[Opening WORKING DATA section]

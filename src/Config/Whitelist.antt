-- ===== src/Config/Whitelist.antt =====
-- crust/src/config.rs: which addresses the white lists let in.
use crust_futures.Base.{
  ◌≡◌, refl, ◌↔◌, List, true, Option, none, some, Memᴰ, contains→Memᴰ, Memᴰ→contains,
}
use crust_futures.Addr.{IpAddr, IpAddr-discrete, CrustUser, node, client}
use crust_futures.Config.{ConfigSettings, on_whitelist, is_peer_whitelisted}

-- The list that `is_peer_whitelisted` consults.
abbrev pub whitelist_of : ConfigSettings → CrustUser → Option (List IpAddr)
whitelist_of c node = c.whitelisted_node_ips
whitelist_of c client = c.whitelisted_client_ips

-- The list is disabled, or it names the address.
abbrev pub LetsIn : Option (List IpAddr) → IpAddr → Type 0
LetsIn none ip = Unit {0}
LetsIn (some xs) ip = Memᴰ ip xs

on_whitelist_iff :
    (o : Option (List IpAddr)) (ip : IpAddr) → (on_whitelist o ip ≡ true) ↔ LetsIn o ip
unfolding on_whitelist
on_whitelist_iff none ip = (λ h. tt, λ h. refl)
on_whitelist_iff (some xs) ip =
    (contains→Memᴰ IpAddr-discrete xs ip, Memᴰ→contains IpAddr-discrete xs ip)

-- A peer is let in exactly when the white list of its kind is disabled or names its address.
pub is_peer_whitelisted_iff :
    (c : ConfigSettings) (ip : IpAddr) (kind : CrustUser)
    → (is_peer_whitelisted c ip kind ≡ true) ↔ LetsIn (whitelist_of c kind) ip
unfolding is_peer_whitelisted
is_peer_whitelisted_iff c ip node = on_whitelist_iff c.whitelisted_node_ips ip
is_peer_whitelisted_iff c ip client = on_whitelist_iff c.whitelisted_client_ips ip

[Closing WORKING DATA section]
[Opening WORKING DATA section]

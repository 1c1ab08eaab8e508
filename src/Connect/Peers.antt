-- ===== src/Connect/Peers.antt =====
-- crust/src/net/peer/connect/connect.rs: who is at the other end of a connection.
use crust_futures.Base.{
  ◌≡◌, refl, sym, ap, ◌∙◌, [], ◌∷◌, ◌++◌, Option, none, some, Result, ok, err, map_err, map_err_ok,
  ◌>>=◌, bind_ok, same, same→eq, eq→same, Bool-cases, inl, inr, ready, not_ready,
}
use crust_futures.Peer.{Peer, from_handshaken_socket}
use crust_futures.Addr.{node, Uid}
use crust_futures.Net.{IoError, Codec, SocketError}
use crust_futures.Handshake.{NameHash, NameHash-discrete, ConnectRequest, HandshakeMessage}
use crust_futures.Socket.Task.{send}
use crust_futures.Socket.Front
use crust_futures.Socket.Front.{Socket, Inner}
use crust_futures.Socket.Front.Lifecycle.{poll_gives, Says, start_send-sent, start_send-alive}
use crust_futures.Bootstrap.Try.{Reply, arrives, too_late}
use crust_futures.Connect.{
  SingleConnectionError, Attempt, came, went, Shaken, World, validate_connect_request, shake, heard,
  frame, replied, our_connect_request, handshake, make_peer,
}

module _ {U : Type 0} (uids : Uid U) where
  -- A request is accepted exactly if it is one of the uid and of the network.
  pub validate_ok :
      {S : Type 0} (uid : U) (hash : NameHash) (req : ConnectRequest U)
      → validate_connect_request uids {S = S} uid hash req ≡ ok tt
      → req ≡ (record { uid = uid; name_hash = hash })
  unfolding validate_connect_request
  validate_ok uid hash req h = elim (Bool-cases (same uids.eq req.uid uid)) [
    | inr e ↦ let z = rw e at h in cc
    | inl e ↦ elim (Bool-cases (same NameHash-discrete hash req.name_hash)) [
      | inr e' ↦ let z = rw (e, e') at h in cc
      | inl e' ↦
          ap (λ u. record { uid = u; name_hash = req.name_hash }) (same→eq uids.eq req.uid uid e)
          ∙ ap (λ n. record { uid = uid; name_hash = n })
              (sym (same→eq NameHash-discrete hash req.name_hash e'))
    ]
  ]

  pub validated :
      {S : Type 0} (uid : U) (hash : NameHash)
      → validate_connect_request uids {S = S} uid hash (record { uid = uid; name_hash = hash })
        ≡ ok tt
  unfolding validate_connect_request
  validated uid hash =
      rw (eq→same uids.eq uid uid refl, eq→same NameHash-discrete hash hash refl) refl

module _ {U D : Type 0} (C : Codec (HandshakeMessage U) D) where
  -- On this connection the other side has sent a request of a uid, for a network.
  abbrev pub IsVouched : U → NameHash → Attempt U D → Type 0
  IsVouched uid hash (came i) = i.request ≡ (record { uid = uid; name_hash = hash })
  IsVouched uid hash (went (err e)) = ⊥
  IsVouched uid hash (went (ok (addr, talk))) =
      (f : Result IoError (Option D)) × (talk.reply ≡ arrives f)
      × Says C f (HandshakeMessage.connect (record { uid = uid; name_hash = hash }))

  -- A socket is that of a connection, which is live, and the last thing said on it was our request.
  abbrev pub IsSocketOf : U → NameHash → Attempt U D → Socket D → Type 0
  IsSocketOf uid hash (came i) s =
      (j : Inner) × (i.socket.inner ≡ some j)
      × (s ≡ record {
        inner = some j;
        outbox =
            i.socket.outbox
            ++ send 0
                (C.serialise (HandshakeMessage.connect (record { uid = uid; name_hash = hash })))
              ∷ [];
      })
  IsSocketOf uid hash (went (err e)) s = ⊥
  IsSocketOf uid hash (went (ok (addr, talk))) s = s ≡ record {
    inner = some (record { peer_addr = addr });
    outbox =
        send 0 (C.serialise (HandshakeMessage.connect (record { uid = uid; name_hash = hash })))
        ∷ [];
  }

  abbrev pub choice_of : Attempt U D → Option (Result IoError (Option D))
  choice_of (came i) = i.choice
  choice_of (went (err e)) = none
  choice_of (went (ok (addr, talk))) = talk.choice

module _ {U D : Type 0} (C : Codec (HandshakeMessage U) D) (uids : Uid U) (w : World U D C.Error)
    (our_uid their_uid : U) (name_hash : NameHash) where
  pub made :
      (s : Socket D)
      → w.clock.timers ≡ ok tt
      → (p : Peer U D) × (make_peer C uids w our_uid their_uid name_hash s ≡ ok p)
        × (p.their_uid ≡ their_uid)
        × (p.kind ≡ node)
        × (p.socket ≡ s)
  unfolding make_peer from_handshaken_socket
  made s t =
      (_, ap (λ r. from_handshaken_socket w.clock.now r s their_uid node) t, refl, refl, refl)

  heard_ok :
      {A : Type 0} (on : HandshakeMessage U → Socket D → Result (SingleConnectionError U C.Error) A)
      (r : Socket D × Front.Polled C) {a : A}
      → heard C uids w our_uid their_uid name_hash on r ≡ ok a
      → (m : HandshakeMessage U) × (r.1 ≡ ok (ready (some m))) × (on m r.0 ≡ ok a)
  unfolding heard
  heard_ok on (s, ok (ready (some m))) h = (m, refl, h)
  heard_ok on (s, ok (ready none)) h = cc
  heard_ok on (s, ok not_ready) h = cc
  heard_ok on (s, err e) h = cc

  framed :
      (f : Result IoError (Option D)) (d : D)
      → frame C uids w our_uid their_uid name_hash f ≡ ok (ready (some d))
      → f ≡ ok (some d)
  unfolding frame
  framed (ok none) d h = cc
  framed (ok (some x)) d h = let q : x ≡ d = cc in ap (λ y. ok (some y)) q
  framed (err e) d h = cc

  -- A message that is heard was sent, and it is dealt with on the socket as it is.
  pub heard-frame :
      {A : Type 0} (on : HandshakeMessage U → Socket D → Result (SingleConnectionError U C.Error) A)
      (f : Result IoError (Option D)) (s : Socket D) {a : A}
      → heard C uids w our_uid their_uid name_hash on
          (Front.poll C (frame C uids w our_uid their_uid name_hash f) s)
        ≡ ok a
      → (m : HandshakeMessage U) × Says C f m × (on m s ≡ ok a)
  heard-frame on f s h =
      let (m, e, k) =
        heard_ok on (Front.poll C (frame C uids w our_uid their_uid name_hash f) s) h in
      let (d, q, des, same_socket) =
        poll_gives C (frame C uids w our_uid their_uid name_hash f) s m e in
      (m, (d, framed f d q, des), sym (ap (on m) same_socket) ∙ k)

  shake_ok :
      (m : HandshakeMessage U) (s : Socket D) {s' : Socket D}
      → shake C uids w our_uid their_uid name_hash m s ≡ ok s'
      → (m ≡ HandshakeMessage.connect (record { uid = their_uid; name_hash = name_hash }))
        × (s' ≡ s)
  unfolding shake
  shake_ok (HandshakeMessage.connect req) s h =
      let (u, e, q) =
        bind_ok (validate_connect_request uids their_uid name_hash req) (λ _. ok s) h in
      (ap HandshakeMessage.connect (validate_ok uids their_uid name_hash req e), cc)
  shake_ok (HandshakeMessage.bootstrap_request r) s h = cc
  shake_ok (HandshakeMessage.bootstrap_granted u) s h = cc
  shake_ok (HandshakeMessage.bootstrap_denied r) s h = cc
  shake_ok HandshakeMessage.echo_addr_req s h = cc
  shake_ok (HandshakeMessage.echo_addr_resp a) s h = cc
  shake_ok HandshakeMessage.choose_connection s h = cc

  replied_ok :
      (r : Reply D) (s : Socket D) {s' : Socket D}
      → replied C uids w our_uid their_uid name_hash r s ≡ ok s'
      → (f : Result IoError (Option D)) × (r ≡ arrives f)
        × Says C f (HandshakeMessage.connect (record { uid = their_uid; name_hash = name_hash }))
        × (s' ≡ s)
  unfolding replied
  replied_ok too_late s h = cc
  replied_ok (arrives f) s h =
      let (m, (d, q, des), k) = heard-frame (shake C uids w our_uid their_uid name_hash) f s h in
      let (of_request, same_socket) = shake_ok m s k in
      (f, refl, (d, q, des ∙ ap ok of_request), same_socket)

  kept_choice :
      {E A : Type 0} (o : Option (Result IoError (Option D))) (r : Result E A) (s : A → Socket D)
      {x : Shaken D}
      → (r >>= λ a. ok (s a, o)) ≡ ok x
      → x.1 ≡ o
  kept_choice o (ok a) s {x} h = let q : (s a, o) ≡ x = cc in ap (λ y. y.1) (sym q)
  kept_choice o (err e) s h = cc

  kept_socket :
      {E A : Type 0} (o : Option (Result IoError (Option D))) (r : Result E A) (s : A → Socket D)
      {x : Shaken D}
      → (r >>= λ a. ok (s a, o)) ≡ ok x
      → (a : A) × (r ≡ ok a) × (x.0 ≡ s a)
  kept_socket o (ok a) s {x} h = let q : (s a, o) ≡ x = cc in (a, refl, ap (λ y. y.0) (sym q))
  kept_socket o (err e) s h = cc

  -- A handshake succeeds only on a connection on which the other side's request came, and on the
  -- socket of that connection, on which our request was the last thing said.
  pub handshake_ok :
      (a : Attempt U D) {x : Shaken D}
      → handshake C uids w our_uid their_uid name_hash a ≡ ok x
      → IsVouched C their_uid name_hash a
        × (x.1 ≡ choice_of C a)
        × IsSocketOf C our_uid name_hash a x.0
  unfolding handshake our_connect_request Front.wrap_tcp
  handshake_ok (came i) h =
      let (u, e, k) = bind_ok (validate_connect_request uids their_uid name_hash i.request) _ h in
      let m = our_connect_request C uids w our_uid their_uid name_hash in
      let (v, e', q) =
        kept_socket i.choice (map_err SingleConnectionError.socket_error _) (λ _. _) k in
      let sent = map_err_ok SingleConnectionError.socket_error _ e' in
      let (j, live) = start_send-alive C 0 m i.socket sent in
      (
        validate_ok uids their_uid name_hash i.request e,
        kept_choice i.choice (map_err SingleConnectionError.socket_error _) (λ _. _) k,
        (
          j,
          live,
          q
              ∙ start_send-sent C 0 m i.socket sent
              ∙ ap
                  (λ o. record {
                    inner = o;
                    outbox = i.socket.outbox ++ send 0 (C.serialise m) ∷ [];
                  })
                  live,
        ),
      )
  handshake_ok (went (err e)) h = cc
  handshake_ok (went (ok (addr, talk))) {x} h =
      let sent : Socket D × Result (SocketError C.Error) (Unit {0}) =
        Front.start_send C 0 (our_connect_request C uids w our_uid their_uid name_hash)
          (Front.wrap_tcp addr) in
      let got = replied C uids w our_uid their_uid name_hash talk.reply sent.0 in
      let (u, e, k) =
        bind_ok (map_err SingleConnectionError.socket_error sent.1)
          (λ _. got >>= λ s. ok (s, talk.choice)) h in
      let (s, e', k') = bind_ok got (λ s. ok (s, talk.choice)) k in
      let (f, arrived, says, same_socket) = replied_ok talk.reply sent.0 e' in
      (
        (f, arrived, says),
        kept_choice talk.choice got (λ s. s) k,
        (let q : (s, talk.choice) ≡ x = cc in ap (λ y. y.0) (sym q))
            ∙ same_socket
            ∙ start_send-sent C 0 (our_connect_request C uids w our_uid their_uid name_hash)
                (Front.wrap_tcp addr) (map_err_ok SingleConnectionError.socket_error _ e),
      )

[Closing WORKING DATA section]
[Opening WORKING DATA section]

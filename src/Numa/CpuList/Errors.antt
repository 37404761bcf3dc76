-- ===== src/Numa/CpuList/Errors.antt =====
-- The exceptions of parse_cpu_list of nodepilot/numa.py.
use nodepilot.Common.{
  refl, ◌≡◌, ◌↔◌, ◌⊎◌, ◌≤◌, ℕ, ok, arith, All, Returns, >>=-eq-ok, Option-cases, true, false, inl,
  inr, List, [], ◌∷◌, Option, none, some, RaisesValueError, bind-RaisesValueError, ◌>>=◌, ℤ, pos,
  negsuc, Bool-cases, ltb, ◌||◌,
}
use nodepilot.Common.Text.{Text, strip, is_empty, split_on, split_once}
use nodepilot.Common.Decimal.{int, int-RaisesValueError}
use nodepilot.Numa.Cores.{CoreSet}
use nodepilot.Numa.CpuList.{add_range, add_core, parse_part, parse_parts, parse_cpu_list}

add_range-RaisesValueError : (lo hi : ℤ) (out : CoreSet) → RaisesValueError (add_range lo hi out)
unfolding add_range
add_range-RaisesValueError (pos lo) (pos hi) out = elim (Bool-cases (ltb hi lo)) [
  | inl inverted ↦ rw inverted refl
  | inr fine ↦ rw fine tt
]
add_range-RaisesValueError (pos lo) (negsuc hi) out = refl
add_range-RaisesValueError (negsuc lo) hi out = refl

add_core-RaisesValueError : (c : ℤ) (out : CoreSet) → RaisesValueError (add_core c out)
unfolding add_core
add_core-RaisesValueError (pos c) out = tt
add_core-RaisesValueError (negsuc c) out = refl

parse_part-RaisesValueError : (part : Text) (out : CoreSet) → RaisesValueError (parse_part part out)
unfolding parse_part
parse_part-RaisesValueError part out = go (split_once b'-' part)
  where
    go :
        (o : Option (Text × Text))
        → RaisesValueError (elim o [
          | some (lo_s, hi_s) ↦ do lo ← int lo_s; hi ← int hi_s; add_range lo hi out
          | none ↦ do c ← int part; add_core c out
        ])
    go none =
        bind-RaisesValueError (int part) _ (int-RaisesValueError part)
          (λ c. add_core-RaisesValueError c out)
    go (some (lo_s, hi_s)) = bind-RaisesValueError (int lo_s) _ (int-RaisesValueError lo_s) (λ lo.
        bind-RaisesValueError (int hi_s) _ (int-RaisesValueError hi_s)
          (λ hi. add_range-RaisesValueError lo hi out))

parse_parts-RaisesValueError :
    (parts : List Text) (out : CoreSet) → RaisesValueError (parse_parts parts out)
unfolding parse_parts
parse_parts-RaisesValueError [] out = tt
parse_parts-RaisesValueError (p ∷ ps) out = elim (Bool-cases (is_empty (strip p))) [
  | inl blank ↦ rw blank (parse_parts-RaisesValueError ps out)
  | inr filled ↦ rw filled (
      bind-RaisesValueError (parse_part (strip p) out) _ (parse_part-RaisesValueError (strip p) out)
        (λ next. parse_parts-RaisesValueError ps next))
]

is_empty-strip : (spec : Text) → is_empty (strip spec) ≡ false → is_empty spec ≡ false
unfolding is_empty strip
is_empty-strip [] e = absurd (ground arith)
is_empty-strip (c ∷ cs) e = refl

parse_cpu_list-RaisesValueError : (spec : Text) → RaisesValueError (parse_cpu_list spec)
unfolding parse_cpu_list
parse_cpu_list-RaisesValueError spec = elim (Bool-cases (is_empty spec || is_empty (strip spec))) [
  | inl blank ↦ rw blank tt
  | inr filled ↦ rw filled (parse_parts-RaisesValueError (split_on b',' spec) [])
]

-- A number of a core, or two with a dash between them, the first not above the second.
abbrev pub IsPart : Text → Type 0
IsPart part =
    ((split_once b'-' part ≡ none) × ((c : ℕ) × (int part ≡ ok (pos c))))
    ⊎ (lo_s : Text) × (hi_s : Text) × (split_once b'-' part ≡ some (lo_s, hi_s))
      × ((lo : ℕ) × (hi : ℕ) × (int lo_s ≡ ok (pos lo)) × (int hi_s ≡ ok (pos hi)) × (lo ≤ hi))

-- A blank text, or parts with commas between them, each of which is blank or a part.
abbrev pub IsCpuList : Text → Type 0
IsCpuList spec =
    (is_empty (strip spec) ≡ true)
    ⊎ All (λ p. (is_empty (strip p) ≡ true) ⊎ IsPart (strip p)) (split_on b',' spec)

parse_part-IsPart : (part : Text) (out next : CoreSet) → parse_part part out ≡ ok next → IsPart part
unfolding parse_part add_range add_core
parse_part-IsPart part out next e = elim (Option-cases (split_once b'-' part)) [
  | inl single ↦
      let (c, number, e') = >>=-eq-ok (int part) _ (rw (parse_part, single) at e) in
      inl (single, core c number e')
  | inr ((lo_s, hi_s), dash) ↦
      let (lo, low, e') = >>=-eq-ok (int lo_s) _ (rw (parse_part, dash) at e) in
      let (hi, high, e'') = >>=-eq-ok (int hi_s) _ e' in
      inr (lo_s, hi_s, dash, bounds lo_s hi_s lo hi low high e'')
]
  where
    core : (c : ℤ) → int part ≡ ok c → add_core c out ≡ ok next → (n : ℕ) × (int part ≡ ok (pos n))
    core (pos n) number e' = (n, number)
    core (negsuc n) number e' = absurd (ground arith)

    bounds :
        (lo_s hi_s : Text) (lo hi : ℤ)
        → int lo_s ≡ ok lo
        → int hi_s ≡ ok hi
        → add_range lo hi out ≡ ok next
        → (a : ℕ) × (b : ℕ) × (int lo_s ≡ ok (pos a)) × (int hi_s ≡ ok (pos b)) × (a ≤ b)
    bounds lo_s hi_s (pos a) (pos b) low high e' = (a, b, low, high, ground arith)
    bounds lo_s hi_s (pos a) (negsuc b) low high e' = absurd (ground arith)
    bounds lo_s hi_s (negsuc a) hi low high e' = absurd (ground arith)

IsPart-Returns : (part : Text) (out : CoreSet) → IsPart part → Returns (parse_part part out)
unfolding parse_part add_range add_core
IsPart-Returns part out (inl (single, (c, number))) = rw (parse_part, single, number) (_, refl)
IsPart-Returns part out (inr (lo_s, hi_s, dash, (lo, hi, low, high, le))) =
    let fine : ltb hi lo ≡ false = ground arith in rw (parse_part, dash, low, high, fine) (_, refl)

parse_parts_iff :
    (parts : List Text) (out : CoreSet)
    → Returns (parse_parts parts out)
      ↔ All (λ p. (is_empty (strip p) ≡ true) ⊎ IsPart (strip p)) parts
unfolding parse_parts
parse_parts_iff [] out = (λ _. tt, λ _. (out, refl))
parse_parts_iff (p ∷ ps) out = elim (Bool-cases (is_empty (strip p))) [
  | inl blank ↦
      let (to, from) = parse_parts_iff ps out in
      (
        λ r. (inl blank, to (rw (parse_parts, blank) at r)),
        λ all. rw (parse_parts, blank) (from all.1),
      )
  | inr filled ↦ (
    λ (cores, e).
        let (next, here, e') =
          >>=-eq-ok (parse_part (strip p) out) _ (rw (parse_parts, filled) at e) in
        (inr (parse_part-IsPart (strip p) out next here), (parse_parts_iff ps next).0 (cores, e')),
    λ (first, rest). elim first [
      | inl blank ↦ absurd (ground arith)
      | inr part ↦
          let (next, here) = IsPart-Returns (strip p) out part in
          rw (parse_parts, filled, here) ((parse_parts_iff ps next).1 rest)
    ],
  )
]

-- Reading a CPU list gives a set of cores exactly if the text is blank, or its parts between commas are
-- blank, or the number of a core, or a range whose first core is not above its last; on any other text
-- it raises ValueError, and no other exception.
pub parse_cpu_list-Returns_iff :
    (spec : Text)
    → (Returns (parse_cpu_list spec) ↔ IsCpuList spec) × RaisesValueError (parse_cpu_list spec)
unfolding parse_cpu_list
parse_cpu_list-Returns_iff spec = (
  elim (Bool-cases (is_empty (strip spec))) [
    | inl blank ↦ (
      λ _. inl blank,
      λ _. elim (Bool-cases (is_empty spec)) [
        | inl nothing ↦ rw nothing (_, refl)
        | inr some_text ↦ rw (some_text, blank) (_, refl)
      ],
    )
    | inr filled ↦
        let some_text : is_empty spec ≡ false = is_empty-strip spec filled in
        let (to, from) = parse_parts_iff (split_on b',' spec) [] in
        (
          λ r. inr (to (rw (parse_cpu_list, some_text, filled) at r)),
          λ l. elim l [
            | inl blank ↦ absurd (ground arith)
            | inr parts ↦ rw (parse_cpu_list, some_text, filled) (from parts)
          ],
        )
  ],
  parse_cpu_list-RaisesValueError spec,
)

[Closing WORKING DATA section]

Wherever the string "network" appears in the data above, report the whole line.

### OUTPUT
  -- A request is accepted exactly if it is one of the uid and of the network.
  -- On this connection the other side has sent a request of a uid, for a network.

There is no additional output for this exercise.